A new data management concept, introduced in 2020, is the data lakehouse — which attempts to combine the elements of a data warehouse with a data lake. Let’s take a step back from the lakehouse and review what makes a data warehouse and data lake different.
A data warehouse is a central repository of information with specialized data structures, composed from data ingested from transactional systems throughout the business. Data warehouses are highly optimized for business intelligence and analytics, and are organized into multiple subject and time domains. They’re great when you have a lot of known data and you want to ask repetitive questions over it — especially if you need to support hundreds or thousands of concurrent users.
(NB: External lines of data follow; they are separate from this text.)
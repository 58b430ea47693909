-- ===== src/Mm/Elf/Tests.antt =====
-- A file with one loaded segment, a script and a relocation table, and the theorems there.
use theory_os.Base.{
  ℕ, ◌+◌, ◌%◌, ◌^◌, ◌≤◌, ◌<◌, ◌≡◌, ◌≢◌, refl, arith, false, none, List, [], ◌∷◌, ◌++◌,
}
use theory_os.Base.Bytes.{to_le_bytes}
use theory_os.Mm.Elf.{
  Elf64Ehdr, Elf64Phdr, ok, parse_ehdr, validate_hdr, phdr_at, elf_magic, pt_load, et_exec,
  em_x86_64,
}
use theory_os.Mm.Elf.Header.{header_bytes, IsHeader, parse_ehdr-header_bytes}
use theory_os.Mm.Elf.Segments.{min_load_vaddr, parse_dynamic}
use theory_os.Mm.Elf.Found.{min_load_vaddr_lem, parse_dynamic-some}
use theory_os.Mm.Elf.Relocate.{
  Elf64Rela, Words, put, apply_rela_table, apply_rela_table_lem, Untouched,
}

abbrev header : Elf64Ehdr
header = record {
  e_ident = elf_magic ++ (2 ∷ 1 ∷ 1 ∷ 0 ∷ 0 ∷ 0 ∷ 0 ∷ 0 ∷ 0 ∷ 0 ∷ 0 ∷ 0 ∷ []);
  e_type = et_exec;
  e_machine = em_x86_64;
  e_version = 0;
  e_entry = 0x400000;
  e_phoff = 64;
  e_shoff = 0;
  e_flags = 0;
  e_ehsize = 64;
  e_phentsize = 56;
  e_phnum = 1;
  e_shentsize = 0;
  e_shnum = 0;
  e_shstrndx = 0;
}

header-IsHeader : IsHeader header
header-IsHeader = record {
  ident = refl;
  type_fits = omega arith;
  machine = omega arith;
  version = omega arith;
  entry = omega arith;
  phoff = omega arith;
  shoff = omega arith;
  flags = omega arith;
  ehsize = omega arith;
  phentsize = omega arith;
  phnum = omega arith;
  shentsize = omega arith;
  shnum = omega arith;
  shstrndx = omega arith;
}

-- The program header of a loaded segment at 0x400000.
abbrev segment : List ℕ
segment =
    to_le_bytes 4 pt_load
    ++ to_le_bytes 4 5
    ++ to_le_bytes 8 64
    ++ to_le_bytes 8 0x400000
    ++ to_le_bytes 8 0
    ++ to_le_bytes 8 0x1000
    ++ to_le_bytes 8 0x1000
    ++ to_le_bytes 8 0

abbrev file : List ℕ
file = header_bytes header ++ segment

parse_ehdr-header_bytes_example : parse_ehdr (header_bytes header ++ segment) ≡ ok header
parse_ehdr-header_bytes_example = parse_ehdr-header_bytes header segment header-IsHeader

accepted : validate_hdr header ≡ ok tt
unfolding validate_hdr
accepted = refl

least : min_load_vaddr file header ≡ ok 0x400000
unfolding min_load_vaddr
least = refl

min_load_vaddr_lem_example :
    ((i : ℕ) (ph : Elf64Phdr)
      → i < 1
      → phdr_at file header i ≡ ok ph
      → ph.p_type ≡ pt_load
      → 0x400000 ≤ ph.p_vaddr)
    × ((i : ℕ) × (ph : Elf64Phdr) × (i < 1)
        × (phdr_at file header i ≡ ok ph)
        × (ph.p_type ≡ pt_load)
        × (ph.p_vaddr ≡ 0x400000))
min_load_vaddr_lem_example = min_load_vaddr_lem file header 0x400000 least

parse_dynamic-some_example : parse_dynamic file header 0 ≢ none
parse_dynamic-some_example = parse_dynamic-some file header 0

-- "#! /sh -x" and a second line.

abbrev relative : ℕ → ℕ → Elf64Rela
relative offset addend = record { r_offset = offset; r_info = 8; r_addend = addend }

abbrev zeros : Words
zeros = λ a. 0

-- The second entry is for the address of the first one too; its addend is -16.
apply_rela_table_lem_example :
    ((apply_rela_table 0x400000
        (λ m s. none)
        put
        false
        ((relative 8 1 ∷ []) ++ (relative 8 0xffff_ffff_ffff_fff0 ∷ relative 16 3 ∷ []))
        zeros).0
      ≡ none)
    × (Untouched 8 (relative 16 3 ∷ [])
        → (apply_rela_table 0x400000
              (λ m s. none)
              put
              false
              ((relative 8 1 ∷ []) ++ (relative 8 0xffff_ffff_ffff_fff0 ∷ relative 16 3 ∷ []))
              zeros).1
            8
          ≡ (0x400000 + 0xffff_ffff_ffff_fff0) % 2 ^ 64)
    × (Untouched 24 ((relative 8 1 ∷ []) ++ (relative 8 0xffff_ffff_ffff_fff0 ∷ relative 16 3 ∷ []))
        → (apply_rela_table 0x400000
              (λ m s. none)
              put
              false
              ((relative 8 1 ∷ []) ++ (relative 8 0xffff_ffff_ffff_fff0 ∷ relative 16 3 ∷ []))
              zeros).1
            24
          ≡ 0)
apply_rela_table_lem_example =
    apply_rela_table_lem 0x400000 (λ m s. none) false (relative 8 1 ∷ [])
      (relative 8 0xffff_ffff_ffff_fff0) (relative 16 3 ∷ []) zeros 24 (refl, tt) refl (refl, tt)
If a data warehouse is appropriate when you know the data and questions you want to ask, the data lake is for when you don’t know one or either of those things. The data lake is a system of exploration, or a question development environment. Commonly built on object storage, a data lake ingests any type of data and makes it available for analysis for highly skilled data scientists and data engineers.
The data lakehouse is a composite of these two extremely different ideas, which is what makes it challenging to build and use. By trying to do everything, it’s likely the data lakehouse will perform poorly in times of high demand — like during quarter close, when many reports must be generated and ad hoc analysis is also ongoing.
For infrastructure, operations and SecOps teams, the lakehouse looks appealing because of its purported flexibility — but it’s not optimized for observability data such as logs, metrics, events and traces. It doesn’t have any opinion about how that data should be structured, optimized and consumed. Who wants to write a bunch of Spark or Python code to analyze data, when existing systems will do that for you with search?
Which One Do You Need?
Each of these data stores has benefits and drawbacks because each is optimized for different use cases and interaction patterns. For our customers, most use a mix of indexed log analytics platforms, time-series databases, and object storage. It’s this mix of platforms that causes the pain: each option needs its own data ingestion strategy, often requiring unique skills and tools.
This is where an observability pipeline comes in. Using an observability pipeline to abstract the sources of observability data from its consumers gives our customers flexibility to send data to the right platform, in the right format, at the right time — regardless of the underlying data store.
A common scenario with our customers is sending data from one agent, like the Elastic agent, to multiple destinations, like Amazon S3. Agent metrics land in Elastic’s service, while full-fidelity data lands in an object store like Amazon S3.
Upgrades are another scenario where an observability pipeline comes into play. When a new version of your TSDB is released, you can send data to both instances and test the updated release with live data. This removes the risk of cutting over with production data before thorough testing has occurred. Sending data to multiple destinations also allows you to test new platforms with live data, without making massive changes to the rest of your infrastructure.
Observability data takes several forms, and the platforms analyzing it each have different optimizations and make different assumptions about how that data should be used. There’s no one size fits all solution, which is why pursuing an options-based strategy with an observability pipeline gives you the most flexibility and value from your observability data.